Neural implicit surface representations have emerged as a promising paradigm to capture 3D shapes in a continuous and resolution-independent manner. However, adapting them to articulated shapes is non-trivial. Existing approaches learn a backward warp field that maps deformed to canonical points. However, this is problematic since the backward warp field is pose dependent and thus requires large amounts of data to learn.

To address this, we introduce SNARF, which combines the advantages of linear blend skinning (LBS) for polygonal meshes with those of neural implicit surfaces by learning a forward deformation field without direct supervision. This deformation field is defined in canonical, pose-independent, space, enabling generalization to unseen poses. Learning the deformation field from posed meshes alone is challenging since the correspondences of deformed points are defined implicitly and may not be unique under changes of topology. We propose a forward skinning model that finds all canonical correspondences of any deformed point using iterative root finding. We derive analytical gradients via implicit differentiation, enabling end-to-end training from 3D meshes with bone transformations.
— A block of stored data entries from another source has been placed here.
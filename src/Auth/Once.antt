-- ===== src/Auth/Once.antt =====
-- What can be used once only (lobby-server/src/db/sessions.rs): a login state, a handoff, a link intent.
use steam_lobby.Prelude.{
  String, Bool, true, false, str_eq, ◌≡◌, arith, none, some, is_some, is_none, ◌<◌,
}
use steam_lobby.Core.Types.{Uuid}
use steam_lobby.Core.Error.{Result, ok}
use steam_lobby.Auth.State.{Auth, Hash, Secret, LoginState}
use steam_lobby.Auth.Sessions.{consume_oauth_login_state}
use steam_lobby.Auth.Links.{complete_native_handoff, open_handoff}
use steam_lobby.Auth.Confirm.{Confirmation, linked, confirm_discord_link}

module _ (token_hash : Secret → Hash) (state : Secret) where
  -- A login state that was consumed was one of the given provider and the given browser, neither
  -- consumed nor expired, and is not consumed again, whoever asks.
  pub consume_oauth_login_state_once :
      (nonce nonce' : Secret) (provider provider' : String) (s : Auth) (r : LoginState)
      → (consume_oauth_login_state token_hash state nonce provider s).0 ≡ ok (some r)
      → let after = (consume_oauth_login_state token_hash state nonce provider s).1 in
        (s.login_states (token_hash state) ≡ some r)
        × (is_none r.consumed_at ≡ true)
        × (s.now < r.expires_at)
        × (str_eq r.provider provider ≡ true)
        × (r.browser_nonce_hash ≡ token_hash nonce)
        × (consume_oauth_login_state token_hash state nonce' provider' after ≡ (ok none, after))
  unfolding consume_oauth_login_state
  consume_oauth_login_state_once nonce nonce' provider provider' s r got = ground arith

abbrev pub was_linked : Result Confirmation → Bool
was_linked (ok linked) = true
was_linked _ = false

-- A link that was confirmed is not confirmed again, whoever asks with whatever session, and the
-- second call changes nothing.
pub confirm_discord_link_once :
    (id user user' : Uuid) (kind kind' : String) (session session' : Uuid) (s : Auth)
    → was_linked (confirm_discord_link id user kind session s).0 ≡ true
    → let after = (confirm_discord_link id user kind session s).1 in
      (was_linked (confirm_discord_link id user' kind' session' after).0 ≡ false)
      × ((confirm_discord_link id user' kind' session' after).1 ≡ after)
unfolding confirm_discord_link
confirm_discord_link_once id user user' kind kind' session session' s done = ground arith

module _ (token_hash : Secret → Hash) (encode : Uuid → Uuid → Secret) (state : Secret) where
  -- A handoff that a native client's session has completed was open, with the session live, and is
  -- not completed again.
  pub complete_native_handoff_once :
      (uid uid' name name' : String) (s : Auth) (id : Uuid)
      → (complete_native_handoff token_hash encode state uid name s).0 ≡ ok (some id)
      → let after = (complete_native_handoff token_hash encode state uid name s).1 in
        (is_some (open_handoff token_hash encode (token_hash state) s) ≡ true)
        × (complete_native_handoff token_hash encode state uid' name' after ≡ (ok none, after))
  unfolding complete_native_handoff
  complete_native_handoff_once uid uid' name name' s id done = ground arith
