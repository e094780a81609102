-- ===== src/Auth/Owners.antt =====
-- Who owns a provider's subject (the table `accounts`; lobby-server/src/db/players.rs and sessions.rs).
use steam_lobby.Prelude.{
  String, true, false, not, str_eq, str_eq_iff, ◌≡◌, refl, ◌∙◌, arith, some, Bool-cases, inl, inr,
  List, [], ◌∷◌, ◌++◌, any, select, update,
}
use steam_lobby.Core.Types.{Uuid, DateTime}
use steam_lobby.Auth.State.{Identity}
use steam_lobby.Auth.Accounts.{is_identity, is_account_of, owner_in, new_identity, seen_at}

-- What a step does to the table: nothing, a login, a new row under two new keys, or the end of a link.
pub data Change (rows : List Identity) : List Identity → Type 0 where
  same : Change rows rows
  seen : (p u : String) (now : DateTime) → Change rows (update (is_identity p u) (seen_at now) rows)
  added :
      (p u : String) (user : Uuid) (now : DateTime)
      → any (is_identity p u) rows ≡ false
      → any (is_account_of user p) rows ≡ false
      → Change rows (rows ++ new_identity p u user now ∷ [])
  unlinked : (user : Uuid) → Change rows (select (λ r. not (is_account_of user "discord" r)) rows)

owner-seen :
    (p u p' u' : String) (now : DateTime) (rs : List Identity)
    → owner_in p u (update (is_identity p' u') (seen_at now) rs) ≡ owner_in p u rs
owner-seen p u p' u' now [] = refl
owner-seen p u p' u' now (r ∷ rs) = ground (arith, owner-seen p u p' u' now rs)

owner-added :
    (p u : String) (x : Identity) (owner : Uuid) (rs : List Identity)
    → owner_in p u rs ≡ some owner
    → owner_in p u (rs ++ x ∷ []) ≡ some owner
owner-added p u x owner [] own = absurd (ground arith)
owner-added p u x owner (r ∷ rs) own = ground (arith, owner-added p u x owner rs)

owner-unlinked :
    (p u : String) (user owner : Uuid) (rs : List Identity)
    → str_eq p "discord" ≡ false
    → owner_in p u rs ≡ some owner
    → owner_in p u (select (λ r. not (is_account_of user "discord" r)) rs) ≡ some owner
owner-unlinked p u user owner [] other own = absurd (ground arith)
owner-unlinked p u user owner (r ∷ rs) other own = elim (Bool-cases (is_identity p u r)) [
  | inr away ↦ ground (arith, owner-unlinked p u user owner rs other)
  | inl it ↦ ground (arith, stays it)
]
  where
    stays : is_identity p u r ≡ true → str_eq r.provider "discord" ≡ false
    stays it = rw ((str_eq_iff r.provider p).0 (ground arith)) other

pub Change-owner :
    (rows after : List Identity) (p u : String) (owner : Uuid)
    → Change rows after
    → str_eq p "discord" ≡ false
    → owner_in p u rows ≡ some owner
    → owner_in p u after ≡ some owner
Change-owner rows _ p u owner same other own = own
Change-owner rows _ p u owner (seen p' u' now) other own = owner-seen p u p' u' now rows ∙ own
Change-owner rows _ p u owner (added p' u' user now _ _) other own =
    owner-added p u (new_identity p' u' user now) owner rows own
Change-owner rows _ p u owner (unlinked user) other own =
    owner-unlinked p u user owner rows other own
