-- ===== src/Auth/Steps.antt =====
-- Everything that signing in can do to the database, one step at a time.
use steam_lobby.Prelude.{ℕ, ◌≤◌, String, Bool, Option}
use steam_lobby.Core.Types.{Uuid, DateTime}
use steam_lobby.Auth.State.{Auth, Hash, Secret}
use steam_lobby.Auth.Sessions.{
  create_browser_session, create_native_session, touch_browser_session, touch_native_session,
  revoke_browser_session, revoke_native_session, revoke_all_sessions,
  revoke_provider_browser_sessions, create_oauth_login_state, consume_oauth_login_state,
}
use steam_lobby.Auth.Accounts.{
  find_or_create_user, create_guest_user, login_linked_account, set_admin_flag,
}
use steam_lobby.Auth.Links.{
  create_provider_proof, create_browser_link_intent, create_oauth_handoff, complete_native_handoff,
}
use steam_lobby.Auth.Confirm.{confirm_discord_link, revoke_discord_link}

-- what the code calls of its crates, and the setting
pub record Setup : Type 0 where
  pub token_hash : Secret → Hash
  pub encode : Uuid → Uuid → Secret
  pub parse_i64 : String → Option ℕ
  pub steam_only : Bool

-- One call of an operation, whatever it answers, or time that passes.
pub data Step (c : Setup) : Auth → Auth → Type 0 where
  passes : {s : Auth} (later : DateTime) → s.now ≤ later → Step c s (record s { now = later })
  browser_created :
      {s : Auth} (user : Uuid) (provider : String) (csrf : Hash) (ttl : ℕ)
      → Step c s (create_browser_session user provider csrf ttl s).1
  native_created : {s : Auth} (user : Uuid) → Step c s (create_native_session user s).1
  browser_touched : {s : Auth} (id user : Uuid) → Step c s (touch_browser_session id user s).1
  native_touched : {s : Auth} (id user : Uuid) → Step c s (touch_native_session id user s).1
  browser_revoked : {s : Auth} (id user : Uuid) → Step c s (revoke_browser_session id user s).1
  native_revoked : {s : Auth} (id user : Uuid) → Step c s (revoke_native_session id user s).1
  all_revoked : {s : Auth} (user : Uuid) → Step c s (revoke_all_sessions user s).1
  provider_revoked :
      {s : Auth} (user : Uuid) (provider : String)
      → Step c s (revoke_provider_browser_sessions user provider s).1
  login_begun :
      {s : Auth} (state nonce : Secret) (provider return_to : String) (verifier : Option Secret)
      → Step c s (create_oauth_login_state c.token_hash state nonce provider return_to verifier s).1
  login_consumed :
      {s : Auth} (state nonce : Secret) (provider : String)
      → Step c s (consume_oauth_login_state c.token_hash state nonce provider s).1
  signed_in :
      {s : Auth} (provider uid name : String) (verified : Bool)
      → Step c s (find_or_create_user c.parse_i64 c.steam_only provider uid name verified s).1
  guest_created : {s : Auth} (name : String) → Step c s (create_guest_user c.steam_only name s).1
  linked_login :
      {s : Auth} (provider uid name : String)
      → Step c s (login_linked_account provider uid name s).1
  admin_set :
      {s : Auth} (user : Uuid) (is_admin : Bool) → Step c s (set_admin_flag user is_admin s).1
  proof_created :
      {s : Auth} (uid name : String)
      → Step c s (create_provider_proof c.token_hash c.encode uid name s).1
  link_begun :
      {s : Auth} (user session : Uuid) (proof : Secret)
      → Step c s (create_browser_link_intent c.token_hash c.encode user session proof s).1
  handoff_created :
      {s : Auth} (session : Uuid)
      → Step c s (create_oauth_handoff c.token_hash c.encode session s).1
  handoff_completed :
      {s : Auth} (state : Secret) (uid name : String)
      → Step c s (complete_native_handoff c.token_hash c.encode state uid name s).1
  link_confirmed :
      {s : Auth} (id user : Uuid) (kind : String) (session : Uuid)
      → Step c s (confirm_discord_link id user kind session s).1
  link_revoked : {s : Auth} (user : Uuid) → Step c s (revoke_discord_link user s).1

-- any number of steps
pub data Steps (c : Setup) : Auth → Auth → Type 0 where
  done : {s : Auth} → Steps c s s
  then_step : {s t u : Auth} → Steps c s t → Step c t u → Steps c s u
Compared to state-of-the-art neural implicit representations, our approach generalizes better to unseen poses while preserving accuracy. We demonstrate our method in challenging scenarios on (clothed) 3D humans in diverse and unseen poses.

Video

Backward vs. Forward

Backward warping/skinning has been used to model non-rigid implicit shapes. It maps poitns from deformed space to canonical space. The backward skinning weights field is defined in deformed space, therefore it's pose-dependent and does not generalize to unseen poses.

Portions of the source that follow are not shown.